Defesa alega “risco à vida” e cita fragilidade de saúde do ex-presidente em pedido encaminhado a Alexandre de Moraes
Foto: Wilton Junior

Brasília (DF) – A defesa do ex-presidente Jair Bolsonaro (PL) protocolou uma petição no Supremo Tribunal Federal (STF) solicitando que a eventual pena pela condenação por tentativa de golpe de Estado seja cumprida integralmente em regime domiciliar, com uso de tornozeleira eletrônica. O pedido foi endereçado ao ministro Alexandre de Moraes, relator da ação.

Os advogados afirmam que submeter Bolsonaro a um estabelecimento prisional representaria, segundo eles, um “risco concreto e imediato” à integridade física e à vida do ex-presidente. O documento critica as condições da Penitenciária da Papuda — onde Bolsonaro poderia ser enviado — e ressalta que o ambiente carcerário seria incompatível com o estado de saúde do político.

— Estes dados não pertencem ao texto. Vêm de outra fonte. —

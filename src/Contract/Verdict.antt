-- ===== src/Contract/Verdict.antt =====
-- internal/contract/jsonscan.go: the verdict of the scan on a whole document.
use ssemaphore.Prelude.{
  ℕ, suc, ◌+◌, ◌*◌, ◌≤◌, ◌≡◌, refl, Bool, true, false, Option, none, some, List, [], ◌∷◌, arith,
  length, some-injective, ap, ◌↔◌,
}
use ssemaphore.Contract.Reason.{Reason, trailing_json}
use ssemaphore.Contract.Decoding.{JsonToken, JsonDecoder, Consumes, Scan, raw_token, settle_token}
use ssemaphore.Contract.Course.{Step, ok, fail, Comes}
use ssemaphore.Contract.Json.{scan_value, eof, another, end_scan, tail_of, validate_json_document}
use ssemaphore.Contract.Documents.{
  Value, tokens, Gives, height, Distinct, first, fault, fault_iff, first-none, first-both,
}
use ssemaphore.Contract.Ending.{validate_json_document_total}
use ssemaphore.Contract.Scanning.{Meets, Meets-bind, scan-value}

-- Whether the scan ends, and the reason it gives, where it refuses.
abbrev pub verdict : {S E A : Type 0} → Option (Step E A × Scan S) → Option (Option E)
verdict none = none
verdict (some (ok a, s)) = some none
verdict (some (fail e, s)) = some (some e)

-- The fault of tokens after a document.
abbrev pub trailing : List JsonToken → Option Reason
trailing [] = none
trailing (t ∷ ts) = some trailing_json

verdict-Meets :
    {S A : Type 0} (o : Option (Step Reason A × Scan S)) (x : Option Reason)
    → Comes o (λ a s. Unit {0})
    → Meets o (λ a s. x ≡ none) (λ e. x ≡ some e)
    → verdict o ≡ some x
verdict-Meets none x h k = absurd h
verdict-Meets (some (ok a, s)) x h k = rw k refl
verdict-Meets (some (fail e, s)) x h k = rw k refl

module _ {S : Type 0} (j : JsonDecoder S) (ctx : ℕ → Bool) (calm : (n : ℕ) → ctx n ≡ false) where
  tail_of-eof :
      (s : Scan S)
      → (j.token s.decoder).0 ≡ none
      → j.at_end s.decoder ≡ true
      → tail_of j ctx s ≡ eof
  unfolding tail_of raw_token settle_token
  tail_of-eof s g k = rw (calm s.reads, g, k) refl

  tail_of-another :
      (s : Scan S) (t : JsonToken) → (j.token s.decoder).0 ≡ some t → tail_of j ctx s ≡ another t
  unfolding tail_of raw_token settle_token
  tail_of-another s t g = rw (calm s.reads, g, calm (s.reads + 1)) refl

  end_scan-Gives :
      (rest : List JsonToken) (s : Scan S)
      → Gives j s.decoder rest
      → Meets (end_scan j ctx s) (λ u s. trailing rest ≡ none) (λ e. trailing rest ≡ some e)
  unfolding end_scan
  end_scan-Gives [] s (g, k) = rw (tail_of-eof s g k) refl
  end_scan-Gives (t ∷ ts) s (g, m, k) = rw (tail_of-another s t g) refl

  -- For a decoder whose every token takes some of the input, on a body whose tokens are those of a
  -- document and then `rest`, and while the context gives no error, the scan ends, and gives the first
  -- fault of the document in reading order, or else refuses tokens that follow it, or else accepts.
  pub verdict-validate_json_document :
      (size : S → ℕ) (law : Consumes j size) (maximum : ℕ) (body : List ℕ) (reads : ℕ) (v : Value)
      (rest : List JsonToken)
      → Gives j (j.start body) (tokens v rest)
      → verdict (validate_json_document j ctx maximum body reads)
        ≡ some (first (fault maximum 1 v) (trailing rest))
  unfolding validate_json_document
  verdict-validate_json_document size law maximum body reads v rest g =
      verdict-Meets (validate_json_document j ctx maximum body reads) _
        (validate_json_document_total j size law ctx maximum body reads)
        (Meets-bind (scan_value j ctx maximum (suc (2 * length body)) 1 _) _ _ _ _ _
          (scan-value j ctx calm maximum v (suc (2 * length body)) 1 rest _ g) (λ e z. rw z refl)
          (λ u s (z, w). rw z (end_scan-Gives rest s w)))

  clear_iff :
      (m : ℕ) (v : Value) (rest : List JsonToken)
      → first (fault m 1 v) (trailing rest) ≡ none ↔ ((height v ≤ m) × Distinct v × (rest ≡ []))
  clear_iff m v [] = (
    λ h.
        let (a, b) = (fault_iff m 1 v).0 (first-none (fault m 1 v) none h).0 in
        (omega arith, b, refl),
    λ (a, b, c). first-both (fault m 1 v) none ((fault_iff m 1 v).1 (omega arith, b)) refl,
  )
  clear_iff m v (t ∷ ts) = (
    λ h. absurd (cc (first-none (fault m 1 v) (some trailing_json) h).1),
    λ (a, b, c). absurd (cc),
  )

  -- For a decoder whose every token takes some of the input, on a body whose tokens are those of a
  -- document and then `rest`, and while the context gives no error, the scan accepts exactly where the
  -- document nests no deeper than the maximum, no object of it has a key twice, and nothing follows
  -- it.
  pub validate_json_document_accepts :
      (size : S → ℕ) (law : Consumes j size) (maximum : ℕ) (body : List ℕ) (reads : ℕ) (v : Value)
      (rest : List JsonToken)
      → Gives j (j.start body) (tokens v rest)
      → verdict (validate_json_document j ctx maximum body reads) ≡ some none
        ↔ ((height v ≤ maximum) × Distinct v × (rest ≡ []))
  validate_json_document_accepts size law maximum body reads v rest g =
      rw (verdict-validate_json_document size law maximum body reads v rest g) (
        λ h. (clear_iff maximum v rest).0 (some-injective _ _ h),
        λ h. ap some ((clear_iff maximum v rest).1 h),
      )
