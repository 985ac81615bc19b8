-- ===== src/Contract/Getting.antt =====
-- internal/contract: the equality of texts, and what holds of the value of a scan, where it gives one.
use ssemaphore.Prelude.{
  ℕ, ◌≡◌, ◌≢◌, refl, ap, Bool, true, false, Option, none, some, List, [], ◌∷◌, arith, if◌then◌else◌,
}
use ssemaphore.Contract.Reason.{Reason}
use ssemaphore.Contract.Course.{Course, Step, ok, fail, after, relabel}
use ssemaphore.Contract.Decoding.{Scan, bytes_eq}
use ssemaphore.Contract.Scanning.{Meets}
use ssemaphore.Contract.Verdict.{verdict}

pub bytes_eq-true : (xs ys : List ℕ) → bytes_eq xs ys ≡ true → xs ≡ ys
unfolding bytes_eq
bytes_eq-true [] [] h = refl
bytes_eq-true [] (y ∷ ys) h = absurd (ground arith)
bytes_eq-true (x ∷ xs) [] h = absurd (ground arith)
bytes_eq-true (x ∷ xs) (y ∷ ys) h =
    let tail : xs ≡ ys = bytes_eq-true xs ys (ground arith) in let head : x ≡ y = ground arith in cc

bytes_eq_refl : (xs : List ℕ) → bytes_eq xs xs ≡ true
unfolding bytes_eq
bytes_eq_refl [] = refl
bytes_eq_refl (x ∷ xs) = ground (arith, bytes_eq_refl xs)

pub bytes_eq-false : (xs ys : List ℕ) → bytes_eq xs ys ≡ false → xs ≢ ys
bytes_eq-false xs ys h e = absurd (cc (bytes_eq_refl ys, h, ap (λ l. bytes_eq l ys) e))

-- `P` holds of the value with the state after it, where there is one.
abbrev pub Gets : {S E A : Type 0} → Option (Step E A × Scan S) → (A → Scan S → Type 0) → Type 0
Gets none P = Unit {0}
Gets (some (ok a, s)) P = P a s
Gets (some (fail e, s)) P = Unit {0}

pub Gets-bind :
    {S E A B : Type 0} (m : Option (Step E A × Scan S)) (f : A → Course E (Scan S) B)
    (P : A → Scan S → Type 0) (Q : B → Scan S → Type 0)
    → Gets m P
    → ((a : A) (s : Scan S) → P a s → Gets (f a s) Q)
    → Gets (elim m [ none ↦ none | some (r, s) ↦ after f r s ]) Q
Gets-bind none f P Q h k = tt
Gets-bind (some (ok a, s)) f P Q h k = k a s h
Gets-bind (some (fail e, s)) f P Q h k = tt

pub Gets-if :
    {S E A : Type 0} (b : Bool) (x y : Course E (Scan S) A) (s : Scan S) (P : A → Scan S → Type 0)
    → (b ≡ true → Gets (x s) P)
    → (b ≡ false → Gets (y s) P)
    → Gets ((if b then x else y) s) P
Gets-if true x y s P h k = h refl
Gets-if false x y s P h k = k refl

pub Gets-mono :
    {S E A : Type 0} (m : Option (Step E A × Scan S)) (P Q : A → Scan S → Type 0)
    → Gets m P
    → ((a : A) (s : Scan S) → P a s → Q a s)
    → Gets m Q
Gets-mono none P Q h k = tt
Gets-mono (some (ok a, s)) P Q h k = k a s h
Gets-mono (some (fail e, s)) P Q h k = tt

pub Meets-Gets :
    {S E A : Type 0} (f : Reason → E) (m : Option (Step Reason A × Scan S))
    (P : A → Scan S → Type 0) (D : Reason → Type 0)
    → Meets m P D
    → Gets (relabel f m) P
Meets-Gets f none P D h = tt
Meets-Gets f (some (ok a, s)) P D h = h
Meets-Gets f (some (fail e, s)) P D h = tt

pub Gets-verdict :
    {S E A : Type 0} (Q : Type 0) (m : Option (Step E A × Scan S))
    → verdict m ≡ some none
    → Gets m (λ a s. Q)
    → Q
Gets-verdict Q none h k = absurd (cc h)
Gets-verdict Q (some (ok a, s)) h k = k
Gets-verdict Q (some (fail e, s)) h k = absurd (ground arith)
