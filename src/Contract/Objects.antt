-- ===== src/Contract/Objects.antt =====
-- internal/contract: an object whose field `object` must have one text, and any others. The validation of
-- a response (response.go) and that of an event (sse.go) run this code, each with reasons of its own.
use ssemaphore.Prelude.{
  ℕ, zero, suc, Bool, true, false, Option, none, some, List, [], ◌∷◌, if◌then◌else◌,
}
use ssemaphore.Contract.Reason.{Reason}
use ssemaphore.Contract.Course.{Course, Step, ok, ◌>>=◌, pure, refuse, relabel}
use ssemaphore.Contract.Decoding.{
  JsonDecoder, Scan, token, more, close, as_text, bytes_eq, is_delim,
}
use ssemaphore.Contract.Json.{max_json_depth, scan_value}

abbrev pub object_key : List ℕ
object_key = b'o' ∷ b'b' ∷ b'j' ∷ b'e' ∷ b'c' ∷ b't' ∷ []

-- `readString` (decode.go), with the errors that the caller has for no token and for another type.
abbrev pub read_string :
    {S E : Type 0} → JsonDecoder S → (ℕ → Bool) → E → E → Course E (Scan S) (List ℕ)
read_string j ctx malformed wrong = token j ctx malformed >>= λ t. as_text wrong t

-- The reasons of one of the two.
pub record ObjectReasons (E : Type 0) : Type 0 where
  pub malformed : E
  pub not_object : E
  pub missing : E
  pub wrong_type : E
  pub unsupported : E
  pub from_json : Reason → E

-- A scan of a body from its start, where the state is how often the context was asked.
abbrev pub count_reads : {S E A : Type 0} → Option (Step E A × Scan S) → Option (Step E A × ℕ)
count_reads none = none
count_reads (some (r, s)) = some (r, s.reads)

-- As `count_reads`, where a refusal is not yet that of the caller.
abbrev pub scanned :
    {S E F A : Type 0} → Option (Step E A × Scan S) → Option (Step F (Step E A) × ℕ)
scanned none = none
scanned (some (r, s)) = some (ok r, s.reads)

module _ {S E : Type 0} (j : JsonDecoder S) (ctx : ℕ → Bool) (e : ObjectReasons E)
    (expected : List ℕ) where
  -- The value under any other key.
  abbrev pub skip_value : ℕ → Course E (Scan S) (Unit {0})
  skip_value f s = relabel e.from_json (scan_value j ctx max_json_depth f 2 s)

  -- The value of `object`.
  abbrev pub object_value : Course E (Scan S) (Unit {0})
  object_value = read_string j ctx e.malformed e.wrong_type >>= λ v.
      if bytes_eq v expected then pure tt else refuse e.unsupported

  -- The loop over the keys, and whether `object` was among them.
  unfoldable pub object_fields : ℕ → Bool → Course E (Scan S) Bool
  object_fields zero object_set = λ s. none
  object_fields (suc f) object_set = more j ctx >>= λ m.
      if m
      then (token j ctx e.malformed >>= λ t.
          (as_text e.malformed t >>= λ k.
          if bytes_eq k object_key
          then (object_value >>= λ _. object_fields f true)
          else (skip_value f >>= λ _. object_fields f object_set)))
      else (close j ctx e.malformed b'}' >>= λ _. pure object_set)

  unfoldable pub validate_object : ℕ → Course E (Scan S) (Unit {0})
  unfolding object_fields
  validate_object f = token j ctx e.malformed >>= λ t.
      if is_delim b'{' t
      then (object_fields f false >>= λ object_set.
          if object_set then pure tt else refuse e.missing)
      else refuse e.not_object
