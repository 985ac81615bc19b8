-- ===== src/Contract/Completing.antt =====
-- internal/contract: what the check on an object's field `object` (response.go, sse.go) finds on the tokens
-- of a document, while the context gives no error.
use ssemaphore.Prelude.{
  ℕ, ◌+◌, zero, suc, ◌≡◌, ◌≢◌, ◌⊎◌, inl, inr, refl, ap, ◌∙◌, Bool, true, false, List, ◌∷◌, arith,
  Bool-cases,
}
use ssemaphore.Contract.Course.{pure, refuse}
use ssemaphore.Contract.Decoding.{
  JsonToken, delim, JsonDecoder, Scan, token, more, close, raw_token, settle_token, as_text,
  bytes_eq, is_delim,
}
use ssemaphore.Contract.Documents.{
  Value, Fields, text, number, flag, null, array, object, end, field, tokens, field_tokens, Gives,
}
use ssemaphore.Contract.Json.{max_json_depth, scan_value}
use ssemaphore.Contract.Scanning.{scan-value}
use ssemaphore.Contract.Getting.{
  Gets, Gets-bind, Gets-if, Gets-mono, Meets-Gets, bytes_eq-true, bytes_eq-false,
}
use ssemaphore.Contract.Objects.{
  ObjectReasons, object_key, read_string, object_value, skip_value, object_fields, validate_object,
}

-- Every field under the key `object` is the expected text.
abbrev pub EachNamed : List ℕ → Fields → Type 0
EachNamed expected end = Unit {0}
EachNamed expected (field k v fs) = ((k ≢ object_key) ⊎ (v ≡ text expected)) × EachNamed expected fs

-- Some field is the expected text under the key `object`.
abbrev pub SomeNamed : List ℕ → Fields → Type 0
SomeNamed expected end = ⊥
SomeNamed expected (field k v fs) = ((k ≡ object_key) × (v ≡ text expected)) ⊎ SomeNamed expected fs

-- A document that is an object with the expected text under the key `object`, and no other value there.
abbrev pub Named : List ℕ → Value → Type 0
Named expected v = (fs : Fields) × (v ≡ object fs) × EachNamed expected fs × SomeNamed expected fs

module _ {S E : Type 0} (j : JsonDecoder S) (ctx : ℕ → Bool) (calm : (n : ℕ) → ctx n ≡ false)
    (e : ObjectReasons E) (expected : List ℕ) where
  token-Gets :
      (r : E) (t : JsonToken) (ts : List JsonToken) (s : Scan S)
      → Gives j s.decoder (t ∷ ts)
      → Gets (token j ctx r s) (λ t' s'. (t' ≡ t) × Gives j s'.decoder ts)
  unfolding token raw_token settle_token
  token-Gets r t ts s (g, m, k) = rw (calm s.reads, g, calm (s.reads + 1)) (refl, k)

  more-Gets :
      (b : Bool) (ts : List JsonToken) (s : Scan S)
      → j.more s.decoder ≡ b
      → Gives j s.decoder ts
      → Gets {E = E} (more j ctx s) (λ m s'. (m ≡ b) × Gives j s'.decoder ts)
  unfolding more
  more-Gets b ts s h g = (rw (calm s.reads, h) refl, g)

  close-Gets :
      (c : ℕ) (ts : List JsonToken) (s : Scan S)
      → is_delim c (delim c) ≡ true
      → Gives j s.decoder (delim c ∷ ts)
      → Gets (close j ctx e.malformed c s) (λ u s'. Gives j s'.decoder ts)
  unfolding close
  close-Gets c ts s h g =
      Gets-bind (token j ctx e.malformed s) _ _ _ (token-Gets e.malformed (delim c) ts s g)
        (λ t s' (same, k). rw (same, h) k)

  as_text-Gets :
      (r : E) (t : JsonToken) (ts : List JsonToken) (s : Scan S)
      → Gives j s.decoder ts
      → Gets (as_text r t s) (λ k s'. (t ≡ JsonToken.text k) × Gives j s'.decoder ts)
  as_text-Gets r (JsonToken.text k) ts s g = (refl, g)
  as_text-Gets r (delim c) ts s g = tt
  as_text-Gets r (JsonToken.number n) ts s g = tt
  as_text-Gets r (JsonToken.flag b) ts s g = tt
  as_text-Gets r JsonToken.null ts s g = tt

  first_text :
      (t : JsonToken) (ts : List JsonToken) (s : Scan S)
      → Gives j s.decoder (t ∷ ts)
      → Gets
          (object_value j ctx e expected s)
          (λ u s'. (t ≡ JsonToken.text expected) × Gives j s'.decoder ts)
  first_text t ts s g =
      Gets-bind (read_string j ctx e.malformed e.wrong_type s) _
        (λ k s'. (t ≡ JsonToken.text k) × Gives j s'.decoder ts) _
        (Gets-bind (token j ctx e.malformed s) _ _ _ (token-Gets e.malformed t ts s g)
          (λ t' s' (same, w). rw same (as_text-Gets e.wrong_type t ts s' w)))
        (λ k s' (same, w).
          Gets-if (bytes_eq k expected) (pure tt) (refuse e.unsupported) s' _
            (λ h. (same ∙ ap JsonToken.text (bytes_eq-true k expected h), w)) (λ h. tt))

  object_value-Gets :
      (v : Value) (rest : List JsonToken) (s : Scan S)
      → Gives j s.decoder (tokens v rest)
      → Gets
          (object_value j ctx e expected s)
          (λ u s'. (v ≡ text expected) × Gives j s'.decoder rest)
  unfolding tokens
  object_value-Gets (text t) rest s g =
      Gets-mono (object_value j ctx e expected s) _ _ (first_text _ _ s g)
        (λ u s' (h, w). (ap text (ground (arith, h)), w))
  object_value-Gets (number n) rest s g =
      Gets-mono (object_value j ctx e expected s) _ _ (first_text _ _ s g)
        (λ u s' (h, w). absurd (ground (arith, h)))
  object_value-Gets (flag b) rest s g =
      Gets-mono (object_value j ctx e expected s) _ _ (first_text _ _ s g)
        (λ u s' (h, w). absurd (ground (arith, h)))
  object_value-Gets null rest s g =
      Gets-mono (object_value j ctx e expected s) _ _ (first_text _ _ s g)
        (λ u s' (h, w). absurd (ground (arith, h)))
  object_value-Gets (array xs) rest s g =
      Gets-mono (object_value j ctx e expected s) _ _ (first_text _ _ s g)
        (λ u s' (h, w). absurd (ground (arith, h)))
  object_value-Gets (object fs) rest s g =
      Gets-mono (object_value j ctx e expected s) _ _ (first_text _ _ s g)
        (λ u s' (h, w). absurd (ground (arith, h)))

  skip_value-Gets :
      (f : ℕ) (v : Value) (rest : List JsonToken) (s : Scan S)
      → Gives j s.decoder (tokens v rest)
      → Gets (skip_value j ctx e expected f s) (λ u s'. Gives j s'.decoder rest)
  skip_value-Gets f v rest s g =
      Gets-mono (skip_value j ctx e expected f s) _ _
        (Meets-Gets e.from_json (scan_value j ctx max_json_depth f 2 s) _ _
          (scan-value j ctx calm max_json_depth v f 2 rest s g))
        (λ u s' (z, w). w)

  -- What the loop finds in the fields left, where `object` was found before them or not.
  object_fields-Gets :
      (fs : Fields) (f : ℕ) (object_set : Bool) (rest : List JsonToken) (s : Scan S)
      → Gives j s.decoder (field_tokens fs rest)
      → Gets (object_fields j ctx e expected f object_set s) (λ b s'.
        EachNamed expected fs × ((b ≡ false) ⊎ (object_set ≡ true) ⊎ SomeNamed expected fs))
  unfolding object_fields tokens
  object_fields-Gets fs zero object_set rest s g = tt
  object_fields-Gets end (suc f) object_set rest s g =
      Gets-bind (more j ctx s) _ _ _ (more-Gets false (field_tokens end rest) s g.1 g)
        (λ m s' (m_false, k). rw m_false (
          Gets-bind (close j ctx e.malformed b'}' s') _ _ _ (close-Gets b'}' rest s' refl k)
            (λ u s'' _.
              (tt, elim (Bool-cases object_set) [ inl h ↦ inr (inl h) | inr h ↦ inl h ]))))
  object_fields-Gets (field key v fs) (suc f) object_set rest s g =
      Gets-bind (more j ctx s) _ _ _ (more-Gets true (field_tokens (field key v fs) rest) s g.1 g)
        (λ m s' (m_true, k). rw m_true (
          Gets-bind (token j ctx e.malformed s') _ _ _
            (token-Gets e.malformed (JsonToken.text key) _ s' k)
            (λ t s₁ (t_key, w). rw t_key (
              Gets-if (bytes_eq key object_key) _ _ s₁ _
                (λ is_object.
                  Gets-bind (object_value j ctx e expected s₁) _ _ _
                    (object_value-Gets v (field_tokens fs rest) s₁ w)
                    (λ u s₂ (v_text, w₂).
                      Gets-mono (object_fields j ctx e expected f true s₂) _ _
                        (object_fields-Gets fs f true rest s₂ w₂)
                        (λ b s₃ (each, some_named). (
                          (inr v_text, each),
                          inr (inr (inl (bytes_eq-true key object_key is_object, v_text))),
                        ))))
                (λ other.
                  Gets-bind (skip_value j ctx e expected f s₁) _ _ _
                    (skip_value-Gets f v (field_tokens fs rest) s₁ w)
                    (λ u s₂ w₂.
                      Gets-mono (object_fields j ctx e expected f object_set s₂) _ _
                        (object_fields-Gets fs f object_set rest s₂ w₂)
                        (λ b s₃ (each, some_named). (
                          (inl (bytes_eq-false key object_key other), each),
                          elim some_named [
                            | inl h ↦ inl h
                            | inr (inl h) ↦ inr (inl h)
                            | inr (inr h) ↦ inr (inr (inr h))
                          ],
                        ))))))))

  not_object :
      (f : ℕ) (t : JsonToken) (ts : List JsonToken) (s : Scan S) (P : Unit {0} → Scan S → Type 0)
      → is_delim b'{' t ≡ false
      → Gives j s.decoder (t ∷ ts)
      → Gets (validate_object j ctx e expected f s) P
  unfolding validate_object
  not_object f t ts s P other g =
      Gets-bind (token j ctx e.malformed s) _ _ _ (token-Gets e.malformed t ts s g)
        (λ t' s' (same, w). rw (same, other) tt)

  -- A document that the check accepts is an object with the expected text under `object`.
  pub validate_object-Named :
      (v : Value) (f : ℕ) (rest : List JsonToken) (s : Scan S)
      → Gives j s.decoder (tokens v rest)
      → Gets (validate_object j ctx e expected f s) (λ u s'. Named expected v)
  unfolding validate_object tokens
  validate_object-Named (text t) f rest s g = not_object f _ _ s _ refl g
  validate_object-Named (number n) f rest s g = not_object f _ _ s _ refl g
  validate_object-Named (flag b) f rest s g = not_object f _ _ s _ refl g
  validate_object-Named null f rest s g = not_object f _ _ s _ refl g
  validate_object-Named (array xs) f rest s g = not_object f _ _ s _ refl g
  validate_object-Named (object fs) f rest s g =
      Gets-bind (token j ctx e.malformed s) _ _ _ (token-Gets e.malformed (delim b'{') _ s g)
        (λ t s₁ (same, w). rw same (
          Gets-bind (object_fields j ctx e expected f false s₁) _ _ _
            (object_fields-Gets fs f false rest s₁ w)
            (λ b s₂ (each, some_named).
              Gets-if b (pure tt) (refuse e.missing) s₂ _
                (λ set. elim some_named [
                  | inl h ↦ absurd (ground (arith, h, set))
                  | inr (inl h) ↦ absurd (ground arith)
                  | inr (inr h) ↦ (fs, refl, each, h)
                ])
                (λ h. tt))))
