-- ===== src/Storage/Server.antt =====
-- The server API of internal/storage/proto/storage.pb.go, the server that implements nothing, and the
-- service of internal/storage/service.go as a server.
use tritontube.Base.{ℕ, Str, lit, Int64, List, [], Option, Map, ◌⊎◌}
use tritontube.Base.Sort.{SliceSort}
use tritontube.Chash.{hash_less}
use tritontube.Etcd.{Client}
use tritontube.Cluster.{RingManager, RingState, assignment_less}
use tritontube.Storage.Types.{
  UploadSegmentResponse, GetSegmentRequest, HeartbeatRequest, HeartbeatResponse, RebalanceRequest,
  RebalanceResponse, Result, ok, err, not_implemented,
}
use tritontube.Storage.Upload.{Incoming, Environment, Service, upload_segment}
use tritontube.Storage.Segments.{Reader, Sent, get_segment}
use tritontube.Storage.Files
use tritontube.Storage.Nodes.{heartbeat, rebalance}

-- `StorageServiceServer`. The stream of an upload is what its `Recv` returns, that of a read is what
-- was sent over it.
pub record StorageServiceServer (W : Type 0) : Type 0 where
  pub upload_segment : List Incoming → W → W × Result UploadSegmentResponse
  pub get_segment : Option GetSegmentRequest → W → W × Sent
  pub heartbeat : Option HeartbeatRequest → W → W × Result HeartbeatResponse
  pub rebalance : RebalanceRequest → W → W × Result RebalanceResponse

-- `UnimplementedStorageServiceServer`
unfoldable pub unimplemented_server : {W : Type 0} → StorageServiceServer W
unimplemented_server = record {
  upload_segment = λ stream w. (w, err (not_implemented (lit "UploadSegment")));
  get_segment = λ req w. (w, ([], err (not_implemented (lit "GetSegment"))));
  heartbeat = λ req w. (w, err (not_implemented (lit "Heartbeat")));
  rebalance = λ req w. (w, err (not_implemented (lit "Rebalance")));
}

-- What the methods of the service change: the files, the state of the metadata store, and the ring
-- manager with its etcd.
pub record State (S : Type 0) : Type 0 where
  pub files : Map Str
  pub metadata : S
  pub ring : RingManager
  pub etcd : Client

module _ {S : Type 0} (env : Environment) (service : Service S) (sha1 : Str → List ℕ)
    (by_hash : SliceSort hash_less) (by_token : SliceSort assignment_less)
    (encode : RingState → Option Str) (decode : Str → Option RingState)
    (open_file : Option Str → Reader ⊎ Str) (send_error : ℕ → Option Str) (lease : Int64)
    (now plan_id : Str) where
  -- `*Service`, at the time `now`. `open_file` is what `os.Open` and the calls of `Read` give of the
  -- content of a file, or of a missing one.
  unfoldable pub storage_service : StorageServiceServer (State S)
  unfolding upload_segment get_segment heartbeat rebalance Files.get
  storage_service = record {
    upload_segment = λ stream w.
        let (after, answer) =
          upload_segment env (record service { ring = w.ring }) stream w.files w.metadata in
        (record w { files = after.0; metadata = after.1 }, answer);
    get_segment = λ req w. (
      w,
      get_segment send_error req
          (λ bucket object. open_file (Files.get (env.full_path bucket object) w.files)),
    );
    heartbeat = λ req w.
        let (after, answer) =
          heartbeat sha1 by_hash by_token encode decode lease now req w.ring w.etcd in
        (record w { ring = after.0; etcd = after.1 }, answer);
    rebalance = λ req w. (w, ok (rebalance plan_id req w.ring));
  }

A defesa sustenta que Bolsonaro enfrenta uma série de problemas clínicos, incluindo infecções pulmonares recorrentes, esofagite, gastrite e câncer de pele, além de sequelas persistentes do atentado de 2018 e episódios frequentes de soluço. De acordo com a equipe jurídica, o quadro justificaria autorização excepcional para que ele deixe a residência apenas para atendimentos médicos.

Os advogados também mencionam como precedente o caso do ex-presidente Fernando Collor, condenado por corrupção e autorizado a cumprir pena em sua casa, decisão tomada pelo próprio Moraes.

Condenação ainda não está em fase de execução

Embora tenha sido condenado em setembro a 27 anos e três meses de prisão pela tentativa de golpe, Bolsonaro ainda não iniciou o cumprimento da pena porque o processo segue em fase de recursos. O primeiro embargo de declaração já foi rejeitado pelo STF, e a defesa tem até domingo (23) para apresentar novos embargos.

Alexandre de Moraes, no entanto, pode entender que eventual novo recurso tenha caráter meramente protelatório. Nesse caso, o ministro pode declarar o fim da fase recursal e determinar o início imediato da execução da pena.

Atualmente, Bolsonaro cumpre prisão domiciliar desde agosto, mas não em razão da condenação: a medida foi imposta por descumprimento de determinações judiciais e por suposta obstrução das investigações relativas à tentativa de golpe.